_Problem to solve_.
When you find the line with "then queue_event now event_ap_stop" among the records below, reproduce it and each line after it exactly, ending with the line with "-- Without the".

[[ Task data open ]]

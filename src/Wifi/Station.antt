-- ===== src/Wifi/Station.antt =====
-- Station mode of WiFiClass (libraries/EpoxyMockWiFi/WiFi.cpp).
use epoxy_duino.Base.{
  ℕ, ◌+◌, ◌-◌, ◌/◌, ◌%◌, ◌^◌, Bool, true, false, ◌&&◌, ◌||◌, if◌then◌else◌, ltb, ◌==◌, List, [],
  ◌∷◌, Option, none, some, take,
}
use epoxy_duino.Base.Text.{Bytes, codes, same_text}
use epoxy_duino.Address.{IpAddress}
use epoxy_duino.Wifi.State.{
  Wifi, Status, connected, connect_failed, connection_lost, disconnected, no_ssid_avail, off, sta,
  ap_sta, EventInfo, no_info, sta_connected, sta_disconnected, got_ip, event_sta_start,
  event_sta_stop, event_sta_connected, event_sta_disconnected, event_sta_got_ip, ip, no_ip,
}
use epoxy_duino.Wifi.Events.{queue_event}

abbrev pub loopback : IpAddress
loopback = ip 127 0 0 1

abbrev pub address_of : ℕ → IpAddress
address_of a = ip (a / 2 ^ 24 % 256) (a / 2 ^ 16 % 256) (a / 2 ^ 8 % 256) (a % 256)

-- The loop of _getHostIPv4(): an interface has an IPv4 address, in host order, or none.
unfoldable pub first_ipv4 : List (Option ℕ) → IpAddress
first_ipv4 [] = loopback
first_ipv4 (none ∷ rest) = first_ipv4 rest
first_ipv4 (some a ∷ rest) =
    let later = first_ipv4 rest in if a / 2 ^ 24 == 127 then later else address_of a

-- `none` where getifaddrs() fails
unfoldable pub get_host_ipv4 : Option (List (Option ℕ)) → IpAddress
unfolding first_ipv4
get_host_ipv4 none = loopback
get_host_ipv4 (some interfaces) = first_ipv4 interfaces

abbrev pub bssid_of_station : Bytes
bssid_of_station = 0 ∷ 0x11 ∷ 0x22 ∷ 0x33 ∷ 0x44 ∷ 0x55 ∷ []

abbrev pub unless_static : Wifi → IpAddress → IpAddress → IpAddress
unless_static w configured other = if w.static_ip_configured then configured else other

-- a connection that succeeds
abbrev pub succeed : IpAddress → Wifi → Wifi
succeed success w = record w {
  status = connected;
  local_ip = success;
  gateway_ip = unless_static w w.gateway_ip no_ip;
  dns_ip = unless_static w w.dns_ip no_ip;
}

-- a connection that fails
abbrev pub fail : Status → Wifi → Wifi
fail result w = record w { status = result; local_ip = unless_static w w.local_ip no_ip }

abbrev pub is_auth_ssid : Bytes → Bool
is_auth_ssid name =
    same_text name (codes "EPX_OPEN")
    || same_text name (codes "EPX_WEP")
    || same_text name (codes "EPX_WPA")
    || same_text name (codes "EPX_WPA2")
    || same_text name (codes "EPX_WPA3")

abbrev pub flappy : IpAddress → Wifi → Wifi
flappy success w =
    let count = w.flappy_counter + 1 in
    if count % 2 == 1
    then record w { flappy_counter = count; status = connected; local_ip = success }
    else fail connect_failed (record w { flappy_counter = count })

-- The outcome of begin() by the name of the network.
unfoldable pub attempt : IpAddress → Wifi → Wifi
attempt success w =
    if same_text w.ssid (codes "EPX_OK")
    then succeed success w
    else if same_text w.ssid (codes "EPX_BADPASS")
    then fail connect_failed w
    else if same_text w.ssid (codes "EPX_TIMEOUT")
    then fail connection_lost w
    else if same_text w.ssid (codes "EPX_NOIP")
    then record w {
      status = connected;
      local_ip = unless_static w w.local_ip no_ip;
      gateway_ip = unless_static w w.gateway_ip no_ip;
      dns_ip = unless_static w w.dns_ip no_ip;
    }
    else if same_text w.ssid (codes "EPX_FLAPPY")
    then flappy success w
    else if same_text w.ssid (codes "EPX_HIDDEN")
    then succeed success w
    else if is_auth_ssid w.ssid
    then succeed success w
    else fail no_ssid_avail w

abbrev pub is_connected : Wifi → Bool
is_connected w = elim w.status [ connected ↦ true | _ ↦ false ]

abbrev pub same_ip : IpAddress → IpAddress → Bool
same_ip a b = a.b0 == b.b0 && a.b1 == b.b1 && a.b2 == b.b2 && a.b3 == b.b3

abbrev pub connected_info : Wifi → EventInfo
connected_info w = sta_connected (take 32 w.ssid) bssid_of_station w.channel

abbrev pub disconnected_info : Wifi → EventInfo
disconnected_info w = sta_disconnected (take 32 w.ssid) bssid_of_station 0

abbrev pub got_ip_info : Wifi → EventInfo
got_ip_info w = got_ip w.local_ip w.subnet_mask w.gateway_ip

-- the events of an attempt
unfoldable pub report_attempt : ℕ → Wifi → Wifi
unfolding queue_event
report_attempt now w =
    if is_connected w
    then (let w' = queue_event now event_sta_connected (connected_info w) 2 w in
        if same_ip w'.local_ip no_ip
        then w'
        else queue_event now event_sta_got_ip (got_ip_info w') 4 w')
    else queue_event now event_sta_disconnected (disconnected_info w) 2 w

-- the flag and the event of a start of the station
unfoldable pub start_sta : ℕ → Wifi → Wifi
unfolding queue_event
start_sta now w =
    if w.sta_started
    then w
    else queue_event now event_sta_start no_info 0 (record w { sta_started = true })

unfoldable pub stop_sta : ℕ → Wifi → Wifi
unfolding queue_event
stop_sta now w =
    if w.sta_started
    then queue_event now event_sta_stop no_info 0 (record w { sta_started = false })
    else w

abbrev pub given : Option Bytes → Bytes → Bytes
given none old = old
given (some text) old = text

-- begin(ssid, passphrase); `host` is what _getHostIPv4() answers.
unfoldable pub begin : ℕ → IpAddress → Bytes → Option Bytes → Wifi → Wifi
unfolding start_sta attempt report_attempt
begin now host name passphrase w =
    let w₁ : Wifi = record w {
      ssid = name;
      psk = given passphrase w.psk;
      mode = if w.ap_enabled then ap_sta else sta;
    } in
    let w₂ = start_sta now w₁ in report_attempt now (attempt (unless_static w₂ w₂.local_ip host) w₂)

-- begin() with a channel, which is an int8_t
unfoldable pub begin_channel : ℕ → IpAddress → Bytes → Option Bytes → ℕ → Wifi → Wifi
unfolding begin
begin_channel now host name passphrase chan w =
    begin now host name passphrase (record w { channel = chan % 256 })

unfoldable pub config : IpAddress → IpAddress → IpAddress → Wifi → Wifi
config local gateway subnet w = record w {
  local_ip = local;
  gateway_ip = gateway;
  subnet_mask = subnet;
  static_ip_configured = true;
}

-- config() with one name server; a second one is dropped
unfoldable pub config_dns : IpAddress → IpAddress → IpAddress → IpAddress → Wifi → Wifi
unfolding config
config_dns local gateway subnet dns w = record (config local gateway subnet w) { dns_ip = dns }

unfoldable pub disconnect : ℕ → Bool → Wifi → Wifi
unfolding queue_event stop_sta
disconnect now wifi_off w =
    let w₁ =
      if w.sta_started
      then queue_event now event_sta_disconnected (disconnected_info w) 0 w
      else w in
    let w₂ : Wifi = record w₁ { status = disconnected } in
    if wifi_off then stop_sta now (record w₂ { mode = off }) else w₂

unfoldable pub set_auto_reconnect : Bool → Wifi → Wifi
set_auto_reconnect on w = record w { auto_connect = on }

unfoldable pub set_persistent : Bool → Wifi → Wifi
set_persistent on w = record w { persistent = on }

unfoldable pub set_hostname : Bytes → Wifi → Wifi
set_hostname name w = record w { hostname = name }

-- sprintf() with %02X: for six bytes
abbrev pub upper_digit : ℕ → ℕ
upper_digit n = n + (if ltb n 10 then b'0' else b'A' - 10)

unfoldable pub mac_text : Bytes → Bytes
mac_text [] = []
mac_text (b ∷ []) = upper_digit (b / 16) ∷ upper_digit (b % 16) ∷ []
mac_text (b ∷ c ∷ bytes) = upper_digit (b / 16) ∷ upper_digit (b % 16) ∷ b':' ∷ mac_text (c ∷ bytes)

abbrev pub mac_address : Bytes
mac_address = 0xde ∷ 0xad ∷ 0xbe ∷ 0xef ∷ 0xfe ∷ 0xed ∷ []
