-- ===== src/Wifi/Access.antt =====
-- The access point and the mode of WiFiClass (libraries/EpoxyMockWiFi/WiFi.cpp).
use epoxy_duino.Base.{ℕ, Bool, true, false, not, if◌then◌else◌, ◌==◌, [], Option}
use epoxy_duino.Base.Text.{Bytes}
use epoxy_duino.Address.{IpAddress}
use epoxy_duino.Wifi.State.{
  Wifi, disconnected, Mode, off, sta, ap, ap_sta, no_info, event_ap_start, event_ap_stop, ip,
}
use epoxy_duino.Wifi.Events.{queue_event}
use epoxy_duino.Wifi.Station.{given, start_sta, stop_sta}

unfoldable pub start_ap : ℕ → Wifi → Wifi
unfolding queue_event
start_ap now w =
    if w.ap_started
    then w
    else queue_event now event_ap_start no_info 0 (record w { ap_started = true })

unfoldable pub stop_ap : ℕ → Wifi → Wifi
unfolding queue_event
stop_ap now w =
    if w.ap_started
    then queue_event now event_ap_stop no_info 0 (record w { ap_started = false })
    else w

abbrev pub with_ap : Mode → Mode
with_ap m = elim m [ sta ↦ ap_sta | ap_sta ↦ ap_sta | _ ↦ ap ]

-- Without the access point: the mode goes back to the station, or off.
abbrev pub without_ap : Mode → Mode
without_ap m = elim m [ ap_sta ↦ sta | _ ↦ off ]

unfoldable pub soft_ap : ℕ → Bytes → Option Bytes → ℕ → ℕ → ℕ → Wifi → Wifi
unfolding start_ap
soft_ap now name passphrase chan hidden max_connection w = start_ap now (record w {
  ap_ssid = name;
  ap_psk = given passphrase [];
  ap_channel = chan;
  ap_hidden = not (hidden == 0);
  ap_max_conn = max_connection;
  ap_enabled = true;
  mode = with_ap w.mode;
})

unfoldable pub soft_ap_config : IpAddress → IpAddress → IpAddress → Wifi → Wifi
soft_ap_config local gateway subnet w = record w {
  ap_local_ip = local;
  ap_gateway_ip = gateway;
  ap_subnet_mask = subnet;
}

unfoldable pub soft_ap_disconnect : ℕ → Bool → Wifi → Wifi
unfolding stop_ap stop_sta
soft_ap_disconnect now wifi_off w =
    let w' = stop_ap now (record w {
      ap_enabled = false;
      ap_ssid = [];
      ap_psk = [];
      ap_channel = 1;
      ap_hidden = false;
      ap_max_conn = 4;
      ap_local_ip = ip 192 168 4 1;
      ap_gateway_ip = ip 192 168 4 1;
      ap_subnet_mask = ip 255 255 255 0;
    }) in
    if wifi_off
    then stop_sta now (record w' { mode = off; status = disconnected })
    else record w' { mode = without_ap w'.mode }

abbrev pub is_off : Mode → Bool
is_off m = elim m [ off ↦ true | _ ↦ false ]

abbrev pub has_sta : Mode → Bool
has_sta m = elim m [ sta ↦ true | ap_sta ↦ true | _ ↦ false ]

abbrev pub has_ap : Mode → Bool
has_ap m = elim m [ ap ↦ true | ap_sta ↦ true | _ ↦ false ]

-- mode(m)
unfoldable pub set_mode : ℕ → Mode → Wifi → Wifi
unfolding start_sta stop_sta start_ap stop_ap
set_mode now m w =
    let w₁ : Wifi = record w { mode = m; status = if is_off m then disconnected else w.status } in
    let w₂ = if is_off m then stop_sta now w₁ else w₁ in
    let w₃ = if is_off m then stop_ap now w₂ else w₂ in
    let w₄ = if has_sta m then start_sta now w₃ else w₃ in if has_ap m then start_ap now w₄ else w₄

unfoldable pub set_mode_persistent : ℕ → Mode → Bool → Wifi → Wifi
unfolding set_mode
set_mode_persistent now m on w = set_mode now m (record w { persistent = on })

unfoldable pub enable_sta : Bool → Wifi → Wifi
enable_sta enable w = record w {
  mode =
      if enable
      then elim w.mode [ ap ↦ ap_sta | _ ↦ sta ]
      else elim w.mode [ ap_sta ↦ ap | _ ↦ off ];
}

unfoldable pub enable_ap : Bool → Wifi → Wifi
enable_ap enable w = record w {
  mode =
      if enable
      then elim w.mode [ sta ↦ ap_sta | _ ↦ ap ]
      else elim w.mode [ ap_sta ↦ sta | _ ↦ off ];
}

[[ Task data closed ]]

_Your response_.
    then queue_event now event_ap_stop no_info 0 (record w { ap_started = false })
    else w

abbrev pub with_ap : Mode → Mode
with_ap m = elim m [ sta ↦ ap_sta | ap_sta ↦ ap_sta | _ ↦ ap ]

-- Without the access point: the mode goes back to the station, or off.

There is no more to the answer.